Louisa and Will are complete opposites and the first few weeks of them knowing each other the quite truly hated each other. Will was oftentimes irrationally difficult and Louisa was ready to quit, but she stuck it out and slowly they developed an extremely touching friendship.
All I can say is that you make me...you make me into someone I couldn't even imagine. You make me happy, even when you're awful.I would rather be with you- even the you that you seem to think is diminished- than with anyone else in the world.'
Their blossoming romance was one of the most convincing I've read in a long time and was truly uplifting. They changed each other in massive ways in such a short period of time. Louisa gave Will happiness that he hadn't experienced for a very long time and Will gave Louisa the determination to do something with her life and not let it go to waste.

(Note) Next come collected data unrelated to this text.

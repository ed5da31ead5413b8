-- ===== src/Machine/Logic/Validity/Instructions.antt =====
-- Every instruction keeps the registers and the memory within their widths.
use sicxe.Base.{
  ℕ, ◌+◌, ◌%◌, ◌^◌, ◌==◌, Bool, true, false, Option, none, some, inl, inr, Bool-cases,
  if◌then◌else◌, arith,
}
use sicxe.Base.Int.{ℤ}
use sicxe.Isa.{Operands}
use sicxe.Machine.Word.{trim_address}
use sicxe.Machine.Word.Laws.{trim_word-lt, trim_address-lt}
use sicxe.Machine.Memory.Laws.{
  write_memory_byte-IsByteMemory, write_memory_word-IsByteMemory, write_memory-IsByteMemory,
}
use sicxe.Machine.Float.{Fpu, encode_float_data-IsFloatData}
use sicxe.Machine.Device.{Files, Device, Console, read, write}
use sicxe.Machine.State.{
  Machine, done, ExecuteResult, Condition, IsValid, set_register, set_program_counter, reg_a, reg_l,
  reg_x,
}
use sicxe.Machine.Logic.Rules.{
  After, with_fs34-After, with_address-After, with_register-After, with_registers-After,
  with_f1-After,
}
use sicxe.Machine.Logic.Validity.{
  Valid, set_register-IsValid, set_condition-IsValid, set_program_counter-IsValid,
  with_memory-IsValid, set_float-IsValid, with_devices-IsValid, read_float-IsFloatData,
  word_operand-lt, byte_operand-lt, store_result-IsValid,
}
use sicxe.Machine.Logic.Operand.{byte_operand}
use sicxe.Machine.Logic.{Logic, execute_logic}
use sicxe.Machine.Logic.Arithmetic.{arithmetic_mem, arithmetic_reg, register_negate, shift}
use sicxe.Machine.Logic.Compare.{
  compare_mem, compare_reg, increment_compare, increment_compare_mem, increment_compare_reg,
}
use sicxe.Machine.Logic.Transfer.{
  clear_reg, move_reg, load_word, load_byte, store_word, store_byte, store_flags,
}
use sicxe.Machine.Logic.Jump.{
  jump, jump_conditional, return_, interrupt_enable, interrupt_disable, interrupt_return,
  interrupt_link_store, same_condition,
}
use sicxe.Machine.Logic.Floats.{
  load_float, store_float, store_integer, float_to_int, int_to_float, float_arithmetic,
  float_compare,
}
use sicxe.Machine.Logic.Devices.{test_device, after_read, after_write, read_device, write_device}

module _ (m : Machine) (v : IsValid m) where
  increment_compare-IsValid : (value : ℤ) → After Valid (increment_compare value m)
  unfolding increment_compare
  increment_compare-IsValid value =
      set_condition-IsValid _ (set_register-IsValid m v reg_x _ (trim_word-lt _)) _

  jumped-IsValid :
      (save : Bool)
      → IsValid (
          set_program_counter
            (trim_address m.target_address)
            (if save then set_register reg_l m.program_counter m else m))
  jumped-IsValid true =
      set_program_counter-IsValid (set_register reg_l m.program_counter m)
        (set_register-IsValid m v reg_l m.program_counter (omega (arith, v.counter_fits)))
        (trim_address m.target_address) (trim_address-lt m.target_address)
  jumped-IsValid false =
      set_program_counter-IsValid m v (trim_address m.target_address)
        (trim_address-lt m.target_address)

  jump-IsValid : (save : Bool) (o : Operands) → After Valid (jump save o m)
  unfolding jump
  jump-IsValid save o = with_address-After Valid m _ o v λ o.
      let ends = trim_address m.target_address + (if o.e then 4 else 3) in
      elim (Bool-cases (trim_address ends == m.program_counter)) [
        | inl e ↦ rw e v
        | inr e ↦ rw e (jumped-IsValid save)
      ]

  jump_conditional-IsValid : (c : Condition) (o : Operands) → After Valid (jump_conditional c o m)
  unfolding jump_conditional
  jump_conditional-IsValid c o = with_address-After Valid m _ o v λ o.
      elim (Bool-cases (same_condition m.condition_code c)) [
        | inl e ↦ rw e (
            set_program_counter-IsValid m v (trim_address m.target_address)
              (trim_address-lt m.target_address))
        | inr e ↦ rw e v
      ]

  interrupt-IsValid :
      (o : Operands)
      → After Valid (interrupt_enable o m)
        × After Valid (interrupt_disable o m)
        × After Valid (interrupt_return o m)
        × After Valid (interrupt_link_store o m)
  unfolding interrupt_enable interrupt_disable interrupt_return interrupt_link_store
  interrupt-IsValid o = (
    with_f1-After Valid m _ o (record {
      counter_fits = v.counter_fits;
      registers_fit = v.registers_fit;
      float_fits = v.float_fits;
      link_fits = v.link_fits;
      target_fits = v.target_fits;
      memory_fits = v.memory_fits;
    }),
    with_f1-After Valid m _ o (record {
      counter_fits = v.counter_fits;
      registers_fit = v.registers_fit;
      float_fits = v.float_fits;
      link_fits = v.link_fits;
      target_fits = v.target_fits;
      memory_fits = v.memory_fits;
    }),
    with_f1-After Valid m _ o (record {
      counter_fits = v.link_fits;
      registers_fit = v.registers_fit;
      float_fits = v.float_fits;
      link_fits = v.link_fits;
      target_fits = v.target_fits;
      memory_fits = v.memory_fits;
    }),
    with_address-After Valid m _ o v
        λ o. with_memory-IsValid m v _ (write_memory_word-IsByteMemory _ _ _ v.memory_fits),
  )

  after_read-IsValid : (id : ℕ) (r : Option ℕ × Device × Console) → After Valid (after_read id m r)
  unfolding after_read
  after_read-IsValid id (none, device, console) = with_devices-IsValid m v _ _
  after_read-IsValid id (some value, device, console) =
      set_register-IsValid _ (with_devices-IsValid m v _ console) reg_a _ (omega arith)

  after_write-IsValid : (id : ℕ) (r : Bool × Device × Console) → After Valid (after_write id m r)
  unfolding after_write
  after_write-IsValid id (taken, device, console) = with_devices-IsValid m v _ _

  read_device-IsValid : (files : Files) (o : Operands) → After Valid (read_device files o m)
  unfolding read_device
  read_device-IsValid files o = with_fs34-After Valid m _ o λ o.
      elim (m.devices (byte_operand o m))
        as (λ d. After Valid (elim d [
          | none ↦ done ExecuteResult.device_error m
          | some device ↦ after_read (byte_operand o m) m (read files device m.console)
        ])) [ none ↦ v | some device ↦ after_read-IsValid _ (read files device m.console) ]

  write_device-IsValid : (files : Files) (o : Operands) → After Valid (write_device files o m)
  unfolding write_device
  write_device-IsValid files o = with_fs34-After Valid m _ o λ o.
      elim (m.devices (byte_operand o m))
        as (λ d. After Valid (elim d [
          | none ↦ done ExecuteResult.device_error m
          | some device ↦
              after_write (byte_operand o m) m
                (write files device (m.registers reg_a % 2 ^ 8) m.console)
        ])) [ none ↦ v | some device ↦ after_write-IsValid _ (write files device _ m.console) ]

  store_integer-IsValid : (value : Option ℤ) → After Valid (store_integer value m)
  unfolding store_integer
  store_integer-IsValid none = tt
  store_integer-IsValid (some value) = set_register-IsValid m v reg_a _ (trim_word-lt _)

-- Whatever an instruction results in, the registers and the memory stay within their widths.
module _ (fpu : Fpu) (files : Files) (m : Machine) (v : IsValid m) where
  pub execute_logic-IsValid :
      (logic : Logic) (o : Operands) → After Valid (execute_logic fpu files logic o m)
  unfolding execute_logic clear_reg move_reg arithmetic_mem arithmetic_reg register_negate shift
      compare_mem compare_reg increment_compare_mem increment_compare_reg return_ load_word
      load_byte store_word store_byte store_flags test_device load_float store_float float_to_int
      int_to_float float_arithmetic float_compare
  execute_logic-IsValid Logic.clears o =
      with_register-After Valid m _ o v λ o h. set_register-IsValid m v _ 0 (omega arith)
  execute_logic-IsValid Logic.moves o =
      with_registers-After Valid m _ o v λ o h k. set_register-IsValid m v _ _ (v.registers_fit _)
  execute_logic-IsValid Logic.negates o =
      with_register-After Valid m _ o v λ o h. set_register-IsValid m v _ _ (trim_word-lt _)
  execute_logic-IsValid (Logic.arithmetic_memory op) o =
      with_fs34-After Valid m _ o λ o. store_result-IsValid m v _ _
  execute_logic-IsValid (Logic.arithmetic_registers op) o =
      with_registers-After Valid m _ o v λ o h k. store_result-IsValid m v _ _
  execute_logic-IsValid (Logic.shifts right) o =
      with_register-After Valid m _ o v λ o h. store_result-IsValid m v _ _
  execute_logic-IsValid Logic.compares_memory o =
      with_fs34-After Valid m _ o λ o. set_condition-IsValid m v _
  execute_logic-IsValid Logic.compares_registers o =
      with_registers-After Valid m _ o v λ o h k. set_condition-IsValid m v _
  execute_logic-IsValid Logic.increments_memory o =
      with_fs34-After Valid m _ o λ o. increment_compare-IsValid m v _
  execute_logic-IsValid Logic.increments_register o =
      with_register-After Valid m _ o v λ o h. increment_compare-IsValid m v _
  execute_logic-IsValid (Logic.jumps save) o = jump-IsValid m v save o
  execute_logic-IsValid (Logic.jumps_if c) o = jump_conditional-IsValid m v c o
  execute_logic-IsValid Logic.returns o =
      with_fs34-After Valid m _ o λ o. set_program_counter-IsValid m v _ (trim_address-lt _)
  execute_logic-IsValid (Logic.loads_word r) o =
      with_fs34-After Valid m _ o λ o. set_register-IsValid m v r _ (word_operand-lt m v o)
  execute_logic-IsValid (Logic.stores_word r) o =
      with_address-After Valid m _ o v
        λ o. with_memory-IsValid m v _ (write_memory_word-IsByteMemory _ _ _ v.memory_fits)
  execute_logic-IsValid Logic.loads_byte o =
      with_fs34-After Valid m _ o
        λ o. set_register-IsValid m v reg_a _ (omega (arith, byte_operand-lt m v o))
  execute_logic-IsValid Logic.stores_byte o =
      with_address-After Valid m _ o v
        λ o. with_memory-IsValid m v _ (write_memory_byte-IsByteMemory _ _ _ v.memory_fits)
  execute_logic-IsValid Logic.stores_flags o =
      with_fs34-After Valid m _ o
        λ o. with_memory-IsValid m v _ (write_memory_byte-IsByteMemory _ _ _ v.memory_fits)
  execute_logic-IsValid Logic.tests_device o =
      with_fs34-After Valid m _ o λ o. set_condition-IsValid m v _
  execute_logic-IsValid Logic.reads_device o = read_device-IsValid m v files o
  execute_logic-IsValid Logic.writes_device o = write_device-IsValid m v files o
  execute_logic-IsValid Logic.float_to_integer o =
      with_f1-After Valid m _ o (store_integer-IsValid m v _)
  execute_logic-IsValid Logic.integer_to_float o =
      with_f1-After Valid m _ o (set_float-IsValid m v _ (encode_float_data-IsFloatData fpu _))
  execute_logic-IsValid (Logic.calculates_float op) o =
      with_address-After Valid m _ o v
        λ o. set_float-IsValid m v _ (encode_float_data-IsFloatData fpu _)
  execute_logic-IsValid Logic.compares_float o =
      with_address-After Valid m _ o v λ o. set_condition-IsValid m v _
  execute_logic-IsValid Logic.loads_float o =
      with_address-After Valid m _ o v λ o. set_float-IsValid m v _ (read_float-IsFloatData m v _)
  execute_logic-IsValid Logic.stores_float o = with_address-After Valid m _ o v λ o.
      with_memory-IsValid m v _
        (write_memory-IsByteMemory _ _ _ v.memory_fits v.float_fits.bytes_lt)
  execute_logic-IsValid Logic.enables o = (interrupt-IsValid m v o).0
  execute_logic-IsValid Logic.disables o = (interrupt-IsValid m v o).1
  execute_logic-IsValid Logic.returns_from_interrupt o = (interrupt-IsValid m v o).2
  execute_logic-IsValid Logic.stores_link o = (interrupt-IsValid m v o).3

Calling this book chick-lit isn't doing this book any sort of justice; the subject matter is simply far too thought-provoking for that kind of label. The real meat of the story focuses on Will's decision to end his life by assisted suicide, which is the reason behind Louisa's ‘temporary' position as he promised his parents he would give them another 6 months but no more. Convinced that he just needs something to live for, his parents hire Louisa who is bright, fun and talkative in hopes that she can convince him that he still has something to live for.
“You only get one life. It's actually your duty to live it as fully as possible.”
It was certainly a tough subject matter to read but was so well written and managed to actually make me laugh out loud at several parts. I loved Louisa and Will's wittiness and constant banter, it was the perfect addition to this poignant story. It was hard not to picture what it would be like if you were put into a situation such as Louisa and Will's. What you would do, if you would actually do anything different. All I know is that they both had an incredibly difficult decision to make and either way was bound to lead to heartache.
This was an incredible story that was so painful (in that crazy heart hurting kind of way) to read but I simply could not put it down. Me Before You is a heartbreaking story about finding what makes life worth living and making the decision whether it's truly enough. Definitely a new favorite and one that my heart won't be forgetting.
I love this book. The characters were absolutely wonderful and each character had their own story that was there before the book even began.
Although I saw the ending coming it still broke my heart.
I personally won't be reading the sequel because I think it's absolutely perfect as a standalone.
I'm exhausted of the rude, haughty, sarcastic, self-important male love interest who doesn't deserve what he gets in the story but gets it anyway.